Creating Space

As I have shared before, I am an obsessive list maker. I keep rotating “To Do” lists in the Notes app on my iPhone. I write them in my planner. Sometimes, my weekly goals consist of the things that I just need to get out of the way.

Each week, there are items that carry over, copied and pasted or rewritten again and again, week after week. I can highlight them, write them in different colored ink, draw fancy stars next to them, and yet there they sit, next to an empty check box at the close of the day on Sunday.

Since our move, which was about two months ago now, I’ve had the goal of bringing donation items to Goodwill. Week after week I expend energy around this task; something so small that is taking up space, carrying a weight of disappointment when I get to the end of the week and still haven’t made this happen.

This week, I have left my To Do list completely blank with the exception of this one line. I will only allow myself to write in additions once I have completed this task. I will take care of that Goodwill pile that’s taking up real estate in my home and in my head. Then, I will replace that item with something more valuable.

Creating white space allows room for the bigger, more important things.

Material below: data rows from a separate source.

-- ===== src/Settings/EnvSubst.antt =====
-- Environment variables in a parsed configuration (internal/config/envsubst.go). The code writes in place
-- and collects the unresolved names, here the result and the names in the order of the walk; an
-- environment is a function, empty where a variable is not set.
pub mod References
use cannectors.Prelude.{
  ℕ, zero, suc, ◌+◌, Bool, true, false, ◌&&◌, ◌||◌, Option, none, some, List, [], ◌∷◌, ◌++◌, length,
  take, Text, codes, same, is_blank, leb, ◌==◌, if◌then◌else◌,
}
use cannectors.Value.{
  Value, null, bool, int, float, text, array, object, Items, nil, cons, Fields, end, field,
}

-- [A-Z_] and [A-Z0-9_]
abbrev pub is_first : ℕ → Bool
is_first c = (leb 65 c && leb c 90) || c == 95

abbrev pub is_later : ℕ → Bool
is_later c = is_first c || (leb 48 c && leb c 57)

-- the rest of a name, up to the closing brace
unfoldable pub name_rest : Text → Option Text
name_rest [] = none
name_rest (c ∷ s) = elim (c == 125) [
  | true ↦ some []
  | false ↦ elim (is_later c) [
    | false ↦ none
    | true ↦ elim (name_rest s) [ none ↦ none | some n ↦ some (c ∷ n) ]
  ]
]

-- the name of the reference that starts here: a match of envVarPattern
unfoldable pub name_at : Text → Option Text
unfolding name_rest
name_at (a ∷ b ∷ c ∷ s) =
    if (a == 36) && ((b == 123) && is_first c)
    then elim (name_rest s) [ none ↦ none | some n ↦ some (c ∷ n) ]
    else none
name_at s = none

-- A walk over a text: the bytes between references, and the references by their names.
pub data Part : Type 0 where
  byte : ℕ → Part
  variable : Text → Part

-- `n` bytes of a match are left.
unfoldable pub parts : ℕ → Text → List Part
unfolding name_at
parts n [] = []
parts (suc n) (c ∷ s) = parts n s
parts zero (c ∷ s) = elim (name_at (c ∷ s)) [
  | none ↦ byte c ∷ parts zero s
  | some name ↦ variable name ∷ parts (length name + 2) s
]

-- ReplaceAllStringFunc: a reference that is not resolved stays, and its name is reported.
unfoldable pub replace : (Text → Text) → List Part → Text × List Text
replace env [] = ([], [])
replace env (byte c ∷ ps) = let (s, missing) = replace env ps in (c ∷ s, missing)
replace env (variable name ∷ ps) =
    let (s, missing) = replace env ps in
    if is_blank (env name)
    then (codes "${" ++ (name ++ (codes "}" ++ s)), name ∷ missing)
    else (env name ++ s, missing)

-- substituteStringEnv
unfoldable pub substitute_string_env : (Text → Text) → Text → Text × List Text
unfolding parts replace
substitute_string_env env s = replace env (parts 0 s)

-- envSubstSkippedKeys
abbrev pub is_skipped : Text → Bool
is_skipped key = same key (codes "connectionStringRef")

-- substituteValueEnv, substituteMapEnv and the loop over a list
unfoldable mutual
  unfolding substitute_string_env same

  pub substitute_value_env : (Text → Text) → Value → Value × List Text
  substitute_value_env env (text s) =
      let (s', missing) = substitute_string_env env s in (text s', missing)
  substitute_value_env env (object m) =
      let (m', missing) = substitute_map_env env m in (object m', missing)
  substitute_value_env env (array a) =
      let (a', missing) = substitute_list_env env a in (array a', missing)
  substitute_value_env env null = (null, [])
  substitute_value_env env (bool b) = (bool b, [])
  substitute_value_env env (int z) = (int z, [])
  substitute_value_env env (float f) = (float f, [])

  pub substitute_list_env : (Text → Text) → Items → Items × List Text
  substitute_list_env env nil = (nil, [])
  substitute_list_env env (cons v a) =
      let (v', missing) = substitute_value_env env v in
      let (a', others) = substitute_list_env env a in (cons v' a', missing ++ others)

  pub substitute_map_env : (Text → Text) → Fields → Fields × List Text
  substitute_map_env env end = (end, [])
  substitute_map_env env (field k v m) =
      let (v', missing) = substitute_value_env env v in
      let (m', others) = substitute_map_env env m in
      if is_skipped k then (field k v m', others) else (field k v' m', missing ++ others)

-- SubstituteEnvVars: the new configuration, or the names, before they are sorted
unfoldable pub substitute_env_vars : (Text → Text) → Fields → Fields × List Text
unfolding substitute_map_env
substitute_env_vars env data_map = substitute_map_env env data_map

Our goals don’t have to be mountains. Sometimes, they are small and seem silly, yet completing them can make us feel productive, allow us to gain positive momentum, and can fuel other, more significant progress. Taking action doesn’t always have to be a grand gesture. It doesn’t always have to be big and scary.

Sometimes the next step, no matter how small or insignificant, is just the next right step. Each step leads to change that we may not notice as we take them one by one, but when we look back, everything has shifted.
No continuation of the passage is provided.